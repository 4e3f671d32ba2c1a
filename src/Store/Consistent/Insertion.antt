-- ===== src/Store/Consistent/Insertion.antt =====
-- The statements of `insertEvent` in sequence, and the loop and the transaction around them.
use traceboard.Prelude.{
  ℕ, ◌+◌, String, true, [], ◌∷◌, ◌++◌, ◌≡◌, refl, ap, subst, ◌∙◌, not, arith, inl, inr, exists_row,
  exists_row-append, eq_refl, ◌==◌, ◌&&◌, update_rows, Bool-cases,
}
use traceboard.Event.{Event, Instant}
use traceboard.Platform.{Platform, PrepareError}
use traceboard.Store.{Db, EventRow, StoredEvent, ok, >>=-eq-ok}
use traceboard.Store.Prepare.{Prepared, ready, refused}
use traceboard.Store.Statements.{
  new_run, take_sequence, ensure_source, ensure_run, allocate_run_sequence, update_step, update_run,
  check_row,
}
use traceboard.Store.Summary.{apply_to_run}
use traceboard.Store.Insert.{
  event_row, insert_event, quarantine_event, encoded, InsertResult, insert_new, insert_prepared,
  is_stored,
}
use traceboard.Store.Consistent.{
  Staged, IsConsistent, is_run, ensure_source-keeps, ensure_run_cases, RunAdded, allocate_cases,
  update_step-keeps, check_row_cases,
}
use traceboard.Store.Consistent.Preserved.{
  Staged-new_run, Staged-take, Staged-apply, Staged-append, allocated-next, present-update,
  Staged-rebase,
}

module _ (platform : Platform) (stored : StoredEvent) where
  abbrev x : String
  x = stored.run_id

  event_row_fields :
      (n : ℕ) (row : EventRow)
      → event_row platform stored n ≡ ok row
      → (row.run_id ≡ x) × (row.type ≡ stored.type) × (row.sequence ≡ n)
  unfolding event_row
  event_row_fields n row e = ground arith

  -- After `ensureRun` the run is there, with counters that fit.
  ensured :
      (db d : Db)
      → Staged x 0 0 0 db.runs db.events
      → RunAdded stored db d
      → Staged x 0 0 0 d.runs d.events × (exists_row (is_run x) d.runs ≡ true)
  unfolding new_run exists_row
  ensured db d h (same, inl (present, runs)) = rw (same, runs) (h, present)
  ensured db d h (same, inr (absent, runs)) =
      rw (same, runs)
        (
          Staged-new_run stored db.runs db.events h absent,
          rw exists_row-append (ground (arith, eq_refl x)),
        )

  -- The tables of runs and events before the row goes in.
  updated_tables :
      (db d : Db) (n : ℕ)
      → allocate_run_sequence stored db ≡ ok (n, d)
      → ((update_run stored (update_step stored d)).runs
          ≡ update_rows
              (is_run x)
              (apply_to_run stored)
              (update_rows (is_run x) (take_sequence stored) db.runs))
        × ((update_run stored (update_step stored d)).events ≡ db.events)
  unfolding update_run
  updated_tables db d n allocated =
      let (same, runs, found) = allocate_cases stored db d n allocated in
      let (kept_runs, kept_events) = update_step-keeps stored d d in
      (ap (update_rows (is_run x) (apply_to_run stored)) (kept_runs ∙ runs), kept_events ∙ same)

  -- From `allocateRunSequence` on.
  numbered :
      (db d : Db) (n : ℕ) (row : EventRow) (after : Db)
      → Staged x 0 0 0 db.runs db.events
      → exists_row (is_run x) db.runs ≡ true
      → allocate_run_sequence stored db ≡ ok (n, d)
      → event_row platform stored n ≡ ok row
      → check_row stored (update_run stored (update_step stored d)) row ≡ ok after
      → IsConsistent after
  unfolding take_sequence apply_to_run
  numbered db d n row after h present allocated built checked =
      let (same, runs, (r, found, next)) = allocate_cases stored db d n allocated in
      let (of_x, of_type, as_n) = event_row_fields n row built in
      let ready_db = update_run stored (update_step stored d) in
      let (ready_runs, ready_events) = updated_tables db d n allocated in
      let (end_runs, end_events) = check_row_cases stored ready_db after row checked in
      let taken_runs = update_rows (is_run x) (take_sequence stored) db.runs in
      let applied_runs = update_rows (is_run x) (apply_to_run stored) taken_runs in
      let taken = Staged-take stored db.runs db.events h in
      let applied = Staged-apply stored taken_runs db.events taken in
      let there =
        present-update stored taken_runs db.events (apply_to_run stored) (λ r. refl)
          (present-update stored db.runs db.events (take_sequence stored) (λ r. refl) present) in
      let number = as_n ∙ (next ∙ allocated-next stored db.runs db.events r h found) in
      let done =
        Staged-append stored applied_runs db.events row of_x of_type number there applied in
      rw (end_runs ∙ ready_runs, end_events ∙ ap (λ es. es ++ (row ∷ [])) ready_events)
        (Staged-rebase x "" applied_runs (db.events ++ (row ∷ [])) done)

  pub insert_event-IsConsistent :
      (db after : Db)
      → insert_event platform stored db ≡ ok after
      → IsConsistent db
      → IsConsistent after
  unfolding insert_event
  insert_event-IsConsistent db after e h =
      let (sourced, e1, r1) = >>=-eq-ok (ensure_source stored db) _ e in
      let (with_run, e2, r2) = >>=-eq-ok (ensure_run stored sourced) _ r1 in
      let ((n, taken), e3, r3) = >>=-eq-ok (allocate_run_sequence stored with_run) _ r2 in
      let (row, e4, checked) = >>=-eq-ok (event_row platform stored n) _ r3 in
      let (runs, events) = ensure_source-keeps stored db sourced e1 in
      let base : Staged x 0 0 0 sourced.runs sourced.events =
        rw (runs, events) (Staged-rebase "" x db.runs db.events h) in
      let (staged, present) =
        ensured sourced with_run base (ensure_run_cases stored sourced with_run e2) in
      numbered with_run taken n row after staged present e3 e4 checked

module _ (platform : Platform) where
  pub quarantine_event-keeps :
      (now : Instant) (input : Event) (reason : PrepareError) (db after : Db)
      → quarantine_event platform now input reason db ≡ ok after
      → (after.runs ≡ db.runs) × (after.events ≡ db.events)
  unfolding quarantine_event encoded
  quarantine_event-keeps now input reason db after e = ground arith

  abbrev pub total : InsertResult → ℕ
  total r = r.accepted + r.duplicate + r.quarantined

  -- What a round of the loop promises of the result and the database that it leaves.
  pub record Advances (r : InsertResult) (db : Db) (r' : InsertResult) (db' : Db) : Type 0 where
    pub counts : total r' ≡ total r + 1
    pub consistent : IsConsistent db → IsConsistent db'

  pub insert_prepared-Advances :
      (now : Instant) (input : Event) (r : InsertResult) (db : Db) (p : Prepared StoredEvent)
      (r' : InsertResult) (db' : Db)
      → insert_prepared platform now input r db p ≡ ok (r', db')
      → Advances r db r' db'
  unfolding insert_prepared insert_new
  insert_prepared-Advances now input r db (refused reason) r' db' e =
      let (after, e1, e2) = >>=-eq-ok (quarantine_event platform now input reason db) _ e in
      let (runs, events) = quarantine_event-keeps now input reason db after e1 in
      let same : after ≡ db' = ground arith in
      record {
        counts = ground arith;
        consistent = λ h. subst IsConsistent same (rw (runs, events) h);
      }
  insert_prepared-Advances now input r db (ready stored) r' db' e =
      elim (Bool-cases (not (stored.source_event_id == "") && is_stored stored db)) [
        | inl known ↦
            let same : db ≡ db' = ground arith in
            record { counts = ground arith; consistent = subst IsConsistent same }
        | inr new ↦
            let inserted : insert_new platform r stored db ≡ ok (r', db') = rw new at e in
            let (after, e1, e2) = >>=-eq-ok (insert_event platform stored db) _ inserted in
            let same : after ≡ db' = ground arith in
            record {
              counts = ground arith;
              consistent = λ h.
                  subst IsConsistent same (insert_event-IsConsistent platform stored db after e1 h);
            }
      ]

- _PROBLEM STATEMENT_
What you return must be an exact retyping of the lines above starting at the line with "pub consistent : IsConsistent" and ending at the line with "unfolding insert_prepared insert_new", and nothing besides.

- _EXERCISE RESULT_
    pub consistent : IsConsistent db → IsConsistent db'

  pub insert_prepared-Advances :
      (now : Instant) (input : Event) (r : InsertResult) (db : Db) (p : Prepared StoredEvent)
      (r' : InsertResult) (db' : Db)
      → insert_prepared platform now input r db p ≡ ok (r', db')
      → Advances r db r' db'
  unfolding insert_prepared insert_new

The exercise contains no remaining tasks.